Pejabat MSF ungkap ke Al Jazeera, rumah sakit di Darfur Selatan ‘kewalahan’ oleh lonjakan kasus campak.
Keluarga-keluarga Sudan yang mengungsi di wilayah Darfur yang dilanda perang tengah menghadapi wabah campak berbahaya yang menyebar dengan cepat, demikian peringatan seorang pejabat Doctors Without Borders (MSF).
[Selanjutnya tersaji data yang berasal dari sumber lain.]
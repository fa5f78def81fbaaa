-- ===== src/Vram/Queue.antt =====
-- `waiter_ahead_locked` and `higher_tier_waiting_locked` of src/ovram.c: who waits before whom.
use omniserve_native.Prelude.{
  ℕ, ◌+◌, Bool, false, not, ◌&&◌, ◌||◌, List, [], ◌∷◌, Option, none, some, ltb, leb, ◌==◌,
}
use omniserve_native.Floats.{DoubleOps}
use omniserve_native.Vram.{Lease, Waiter, Vram, is_none}
use omniserve_native.Vram.Charges.{full_charge, headroom_locked}

module _ (F : DoubleOps) where
  open F use {Double, dec, add, sub, lt, le}

  unfoldable pub leased_total : List (Lease F) → ℕ
  leased_total [] = 0
  leased_total (l ∷ ls) = full_charge F l + leased_total ls

  -- A waiter that has not blocked for too long and whose need can be met once the leases end.
  unfoldable pub holds_back : Vram F → Double → Option ℕ → Waiter F → Bool
  holds_back v now_s device_free_mb w =
      not (lt (dec 0 0) v.block_max_s && lt v.block_max_s (sub now_s w.since))
      && (is_none device_free_mb
          || leb w.need (headroom_locked F v w.tier device_free_mb + leased_total v.leases))

  abbrev pub is_self : Option ℕ → ℕ → Bool
  is_self none i = false
  is_self (some self) i = self == i

  -- `self` is the caller's own slot, `none` for one that has not queued.
  unfoldable pub goes_first : Vram F → ℕ → Option ℕ → Double → ℕ → Waiter F → Bool
  goes_first v tier self self_since i w =
      w.used
      && (not (is_self self i)
          && (leb w.tier tier
              && not (w.tier == tier && (not (is_none self) && le self_since w.since))))

  unfoldable pub ahead_from :
      Vram F → ℕ → Option ℕ → Double → Double → Option ℕ → List (Waiter F) → ℕ → Bool
  ahead_from v tier self self_since now_s device_free_mb [] i = false
  ahead_from v tier self self_since now_s device_free_mb (w ∷ ws) i =
      goes_first v tier self self_since i w && holds_back v now_s device_free_mb w
      || ahead_from v tier self self_since now_s device_free_mb ws (i + 1)

  unfoldable pub waiter_ahead_locked : Vram F → ℕ → Option ℕ → Double → Double → Option ℕ → Bool
  waiter_ahead_locked v tier self self_since now_s device_free_mb =
      ahead_from v tier self self_since now_s device_free_mb v.waiters 0

  unfoldable pub higher_from : Vram F → ℕ → Double → Option ℕ → List (Waiter F) → Bool
  higher_from v tier now_s device_free_mb [] = false
  higher_from v tier now_s device_free_mb (w ∷ ws) =
      (w.used && ltb w.tier tier) && holds_back v now_s device_free_mb w
      || higher_from v tier now_s device_free_mb ws

  unfoldable pub higher_tier_waiting_locked : Vram F → ℕ → Double → Option ℕ → Bool
  higher_tier_waiting_locked v tier now_s device_free_mb =
      higher_from v tier now_s device_free_mb v.waiters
Dr. Ali Almohammed, manajer kesehatan darurat MSF, kepada Al Jazeera pada Senin menyatakan bahwa organisasinya “kewalahan” oleh kasus-kasus campak yang tiba setiap hari di Rumah Sakit Pendidikan Nyala, Darfur Selatan, tempat MSF memberikan layanan kesehatan ibu dan anak.
Artikel Rekomendasi
“Kami memiliki 25 tempat tidur [di] ruang isolasi untuk campak, tetapi setiap hari jumlah kasusnya meningkat,” kata Almohammed dalam sebuah wawancara dari Amsterdam.
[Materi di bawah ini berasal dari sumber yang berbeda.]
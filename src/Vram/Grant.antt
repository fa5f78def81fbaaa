-- ===== src/Vram/Grant.antt =====
-- `grant_locked` of src/ovram.c and the calls that make one attempt. What `id_out` gets is a part of
-- the answer; its room is taken to be enough.
use omniserve_native.Prelude.{
  ℕ, zero, suc, ◌+◌, ◌/◌, ◌%◌, min, Bool, true, false, ◌||◌, List, [], ◌∷◌, ◌++◌, Option, none,
  some, ltb, ◌==◌, if◌then◌else◌, set,
}
use omniserve_native.Prelude.Int.{ℤ, pos, pos_part, leb_ℤ}
use omniserve_native.Floats.{DoubleOps}
use omniserve_native.Vram.{Lease, Vram, or_anon, owner_name}
use omniserve_native.Vram.Tables.{proc_used_locked, on_owner, expire_locked}
use omniserve_native.Vram.Charges.{headroom_locked}
use omniserve_native.Vram.Queue.{higher_tier_waiting_locked}

-- The decimal digits of a number, for as much fuel as it has digits.
unfoldable pub digits : ℕ → ℕ → List ℕ
digits zero n = []
digits (suc fuel) n =
    let rest = digits fuel (n / 10) in
    if ltb n 10 then (48 + n) ∷ [] else rest ++ (48 + n % 10) ∷ []

-- `"lv%llu"`.
unfoldable pub lease_id : ℕ → List ℕ
lease_id n = 108 ∷ 118 ∷ digits (suc n) n

module _ (F : DoubleOps) where
  open F use {Double, dec, add, sub, lt, le}

  unfoldable pub free_slot : List (Lease F) → Option ℕ
  free_slot [] = none
  free_slot (l ∷ ls) =
      let rest = free_slot ls in
      if l.active then elim rest [ none ↦ none | some i ↦ some (suc i) ] else some 0

  abbrev pub ttl_or_default : Vram F → Double → Double
  ttl_or_default v ttl_s = if lt (dec 0 1) ttl_s then ttl_s else v.default_ttl_s

  -- The lease that a grant writes.
  unfoldable pub new_lease : Vram F → List ℕ → ℕ → ℕ → ℕ → Double → Double → Lease F
  new_lease v name pid granted tier ttl_s now_s = record {
    owner = owner_name name;
    mb = granted;
    expires_s = add now_s (ttl_or_default v ttl_s);
    granted_s = now_s;
    id = lease_id v.next_id;
    tier = tier;
    pid = pid;
    base_mb = proc_used_locked F v pid;
    active = true;
  }

  -- The end of `grant_locked`, once a slot is found.
  unfoldable pub grant_at : Vram F → ℕ → List ℕ → ℕ → ℕ → ℕ → ℕ → Double → Double → Bool → Vram F
  grant_at v slot name pid granted mb tier ttl_s now_s force =
      on_owner F
        (record v {
          leases = set v.leases slot (new_lease v name pid granted tier ttl_s now_s);
          next_id = v.next_id + 1;
          grants = v.grants + 1;
          forced = v.forced + (if force then 1 else 0);
          partial_grants = v.partial_grants + (if ltb granted mb then 1 else 0);
        })
        name pid
        (λ o. record o {
          grants = o.grants + 1;
          last_active_s = now_s;
          peak_mb = if ltb o.peak_mb granted then granted else o.peak_mb;
        })

  -- What a call returns, what it writes to `id_out`, and the broker.
  pub record Answer : Type 0 where
    pub granted : ℕ
    pub id : List ℕ
    pub broker : Vram F

  -- What is granted, before the slot is sought.
  unfoldable pub amount : Vram F → ℕ → ℕ → Option ℕ → Bool → ℕ
  amount v mb tier device_free_mb force =
      let available = headroom_locked F v tier device_free_mb in
      if force then mb else if ltb mb available then mb else available

  unfoldable pub grant_locked :
      Vram F → List ℕ → ℕ → ℕ → ℕ → ℕ → Double → Double → Option ℕ → Bool → Answer
  grant_locked v owner pid mb min_mb tier ttl_s now_s device_free_mb force =
      let granted = amount v mb tier device_free_mb force in
      let denied : Answer = record { granted = 0; id = []; broker = v } in
      if ltb granted min_mb || granted == 0 then denied else elim (free_slot v.leases) [
        | none ↦ denied
        | some slot ↦ record {
          granted = granted;
          id = lease_id v.next_id;
          broker = grant_at v slot (or_anon owner) pid granted mb tier ttl_s now_s force;
        }
      ]

  unfoldable pub lease_force : Vram F → List ℕ → ℕ → ℤ → ℕ → Double → Double → Answer
  lease_force v owner pid mb tier ttl_s now =
      if leb_ℤ mb (pos 0)
      then record { granted = 0; id = []; broker = v }
      else grant_locked (expire_locked F v now).0 (or_anon owner) pid (pos_part mb) (pos_part mb)
          tier ttl_s now (some 0) true

  -- `min_mb`, cut to what can be granted.
  abbrev pub least_mb : ℤ → ℤ → ℕ
  least_mb mb min_mb = min (pos_part min_mb) (pos_part mb)

  -- The books of a call that gets nothing.
  unfoldable pub deny : Vram F → List ℕ → ℕ → Double → Vram F
  deny v owner pid now_s =
      on_owner F (record v { denials = v.denials + 1 }) (or_anon owner) pid
        (λ o. record o { denials = o.denials + 1; last_active_s = now_s })

  unfoldable pub try_lease : Vram F → List ℕ → ℕ → ℕ → ℕ → ℕ → Double → Double → Option ℕ → Answer
  try_lease v owner pid mb min_mb tier ttl_s now_s device_free_mb =
      let a : Answer =
        if higher_tier_waiting_locked F v tier now_s device_free_mb
        then record { granted = 0; id = []; broker = v }
        else grant_locked v owner pid mb min_mb tier ttl_s now_s device_free_mb false in
      if a.granted == 0 then record a { broker = deny a.broker owner pid now_s } else a

  unfoldable pub lease_pid_at :
      Vram F → List ℕ → ℕ → ℤ → ℤ → ℕ → Double → Double → Option ℕ → Answer
  lease_pid_at v owner pid mb min_mb tier ttl_s now_s device_free_mb =
      if leb_ℤ mb (pos 0)
      then record { granted = 0; id = []; broker = v }
      else try_lease (expire_locked F v now_s).0 owner pid (pos_part mb) (least_mb mb min_mb) tier
          ttl_s now_s device_free_mb

  unfoldable pub lease_at : Vram F → List ℕ → ℤ → ℤ → ℕ → Double → Double → Option ℕ → Answer
  lease_at v owner mb min_mb tier ttl_s now_s device_free_mb =
      lease_pid_at v owner 0 mb min_mb tier ttl_s now_s device_free_mb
“Kapasitas MSF untuk merespons semua kebutuhan masyarakat di Darfur sangat terbatas. Kami tidak dapat mencakup semuanya. Ya, kami berusaha fokus pada perawatan medis yang paling menyelamatkan nyawa, tetapi tetap saja, kapasitas kami juga terbatas,” ujarnya.
Wabah campak, virus yang dapat dicegah dengan vaksin, muncul bersamaan dengan eskalasi kekerasan antara militer Sudan dan kelompok paramiliter Rapid Support Forces (RSF) di wilayah barat Darfur dan daerah sekitarnya dalam beberapa pekan terakhir.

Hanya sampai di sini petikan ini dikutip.